The First Step in Buying ANY Laser Isn’t the Laser – It’s the Software
GK
The First Step in Buying ANY Laser Isn’t the Laser – It’s the Software
Let’s just get this out of the way: If you’re shopping for a laser and you haven’t thought about the software yet, you’re already behind.
Seriously, think about it. You’re about to drop hundreds or thousands of dollars on a machine that can vaporize metal, cut through wood like butter, or engrave your dog’s face into a ceramic mug… and your whole operation hinges on what? A piece of software.
LightBurn: The Industry Standard for a Reason
Enter LightBurn—the software that’s quietly become the backbone of the laser world. Why? Because it works. And not just with one type of laser. LightBurn plays nicely with Diode, Fiber, UV, and CO₂ lasers across both Gantry and Galvo systems.
That’s right: Learn it once, and you can move between machines like a laser ninja. One day you’re engraving leather with a diode, the next you’re deep-marking stainless steel with a fiber galvo. Same software. Same workflow. No headaches.
Personally, I went with Aeon Lasers. They’re built for accuracy and performance, run natively on LightBurn, and—equally important—they have a strong U.S. base of operations. That means real support, real people, and no waiting two weeks for a firmware update lost in translation.

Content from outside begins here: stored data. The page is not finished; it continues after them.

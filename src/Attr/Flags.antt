-- ===== src/Attr/Flags.antt =====
-- The names of the tables that set one bit each.
use tpm2_tools.Base.Bytes.{Bytes}
use tpm2_tools.Base.Text.{IsField}
use tpm2_tools.Base.{
  ℕ, ◌^◌, ◌≡◌, ◌⊎◌, inl, inr, refl, subst, bit_or, Bool, true, false, not, ◌&&◌, List, [], ◌∷◌,
  some, arith, ◌==◌, All,
}
use tpm2_tools.Attr.Table.{Action, nv_flag, obj_flag, Dispatch, nv_attr_table, obj_attr_table}
use tpm2_tools.Attr.{dispatch_token}

-- The names that set a bit, with their bits.
abbrev flag_of : Action → Bytes → List (ℕ × Bytes) → List (ℕ × Bytes)
flag_of (nv_flag pos) name rest = (pos, name) ∷ rest
flag_of (obj_flag pos) name rest = (pos, name) ∷ rest
flag_of _ name rest = rest

abbrev pub flags : List Dispatch → List (ℕ × Bytes)
flags [] = []
flags (d ∷ table) = flag_of d.callback d.name (flags table)

abbrev pub Has : List (ℕ × Bytes) → ℕ × Bytes → Type 0
Has [] f = ⊥
Has (e ∷ fs) f = (e ≡ f) ⊎ Has fs f

pub All-Has :
    (P : ℕ × Bytes → Type 0) (fs : List (ℕ × Bytes)) (f : ℕ × Bytes) → All P fs → Has fs f → P f
All-Has P [] f h has = absurd has
All-Has P (e ∷ fs) f h (inl same) = subst P same h.0
All-Has P (e ∷ fs) f h (inr later) = All-Has P fs f h.1 later

-- The name sets its bit, whatever else is set.
abbrev pub Sets : List Dispatch → ℕ × Bytes → Type 0
Sets table (pos, name) =
    (value attrs : ℕ) → dispatch_token value table name attrs ≡ some (bit_or attrs (2 ^ pos))

pub nv_flags-Sets : All (Sets nv_attr_table) (flags nv_attr_table)
unfolding nv_attr_table dispatch_token
nv_flags-Sets = (
  λ v a. refl,
  (
    λ v a. refl,
    (
      λ v a. refl,
      (
        λ v a. refl,
        (
          λ v a. refl,
          (
            λ v a. refl,
            (
              λ v a. refl,
              (
                λ v a. refl,
                (
                  λ v a. refl,
                  (
                    λ v a. refl,
                    (
                      λ v a. refl,
                      (
                        λ v a. refl,
                        (
                          λ v a. refl,
                          (
                            λ v a. refl,
                            (
                              λ v a. refl,
                              (
                                λ v a. refl,
                                (
                                  λ v a. refl,
                                  (λ v a. refl, (λ v a. refl, (λ v a. refl, (λ v a. refl, tt)))),
                                ),
                              ),
                            ),
                          ),
                        ),
                      ),
                    ),
                  ),
                ),
              ),
            ),
          ),
        ),
      ),
    ),
  ),
)

pub obj_flags-Sets : All (Sets obj_attr_table) (flags obj_attr_table)
unfolding obj_attr_table dispatch_token
obj_flags-Sets = (
  λ v a. refl,
  (
    λ v a. refl,
    (
      λ v a. refl,
      (
        λ v a. refl,
        (
          λ v a. refl,
          (
            λ v a. refl,
            (λ v a. refl, (λ v a. refl, (λ v a. refl, (λ v a. refl, (λ v a. refl, tt))))),
          ),
        ),
      ),
    ),
  ),
)

unfoldable pub is_field : Bytes → Bool
is_field [] = false
is_field (x ∷ []) = not (x == b'|')
is_field (x ∷ y ∷ f) = not (x == b'|') && is_field (y ∷ f)

pub is_field-IsField : (f : Bytes) → is_field f ≡ true → IsField b'|' f
unfolding is_field
is_field-IsField [] h = absurd (cc h)
is_field-IsField (x ∷ []) h = ((ground arith, tt), λ e. cc)
is_field-IsField (x ∷ y ∷ f) h =
    ((ground arith, (is_field-IsField (y ∷ f) (ground arith)).0), λ e. cc)

-- Joined names are taken apart again.
abbrev pub AreFields : List (ℕ × Bytes) → Type 0
AreFields = All (λ f. is_field f.1 ≡ true)

pub nv_flags-AreFields : AreFields (flags nv_attr_table)
unfolding nv_attr_table is_field
nv_flags-AreFields = (
  refl,
  (
    refl,
    (
      refl,
      (
        refl,
        (
          refl,
          (
            refl,
            (
              refl,
              (
                refl,
                (
                  refl,
                  (
                    refl,
                    (
                      refl,
                      (
                        refl,
                        (refl, (refl, (refl, (refl, (refl, (refl, (refl, (refl, (refl, tt))))))))),
                      ),
                    ),
                  ),
                ),
              ),
            ),
          ),
        ),
      ),
    ),
  ),
)

pub obj_flags-AreFields : AreFields (flags obj_attr_table)
unfolding obj_attr_table is_field
obj_flags-AreFields =
    (refl, (refl, (refl, (refl, (refl, (refl, (refl, (refl, (refl, (refl, (refl, tt)))))))))))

Here is a link to the Lasers I use https://tinyurl.com/4px4njzs
Proprietary Software: A Ticking Time Bomb
Now let’s talk about the dark side—proprietary software. You know, the kind that only works with that one weird brand from a company that’s based who-knows-where and may or may not exist in six months.
If (when?) that company folds, merges, or changes strategy (spoiler alert: they all do), you’re left with a very expensive paperweight. No updates, no bug fixes, and absolutely no way to run the machine you just bought. Congratulations—you’re now the proud owner of a 70-pound regret.
Industrial Machines: A Slight Detour
Yes, it’s true—many of the big industrial fiber cutting machines run on their own proprietary software. But here’s the workaround: LightBurn lets you design everything—then you just export a DXF file, and boom, you’re good to go. The machines don’t care where the file came from as long as it’s clean.
(I’ll dive deeper into this DXF-export trick in an upcoming blog, so stay tuned.)
The Logical Play
Look, buying a laser is already a technical decision. Let’s not make it a risky one. Choosing a machine that works with open, actively supported, and industry-adopted software like LightBurn is just common sense.
It’s like buying a car that uses regular gas instead of moon juice. One keeps going. The other leaves you stuck and wondering where it all went wrong.
Bonus Tip: One Software = One Learning Curve
Here’s the kicker: if you run a shop or plan to grow your business, having one software platform across all your lasers simplifies training, file management, upgrades, troubleshooting, and even outsourcing. It’s like standardizing your power tools—no one wants a different battery for every drill.
Bottom Line: Buy the Software Before the Laser
Before you fall in love with specs, wattage, bed size, or marketing hype, ask yourself:
“What software does this thing run?”
If the answer isn’t LightBurn, it better come with a very good reason—or you’ll find yourself learning the hard way. And trust me… I’ve already done that, so you don’t have to.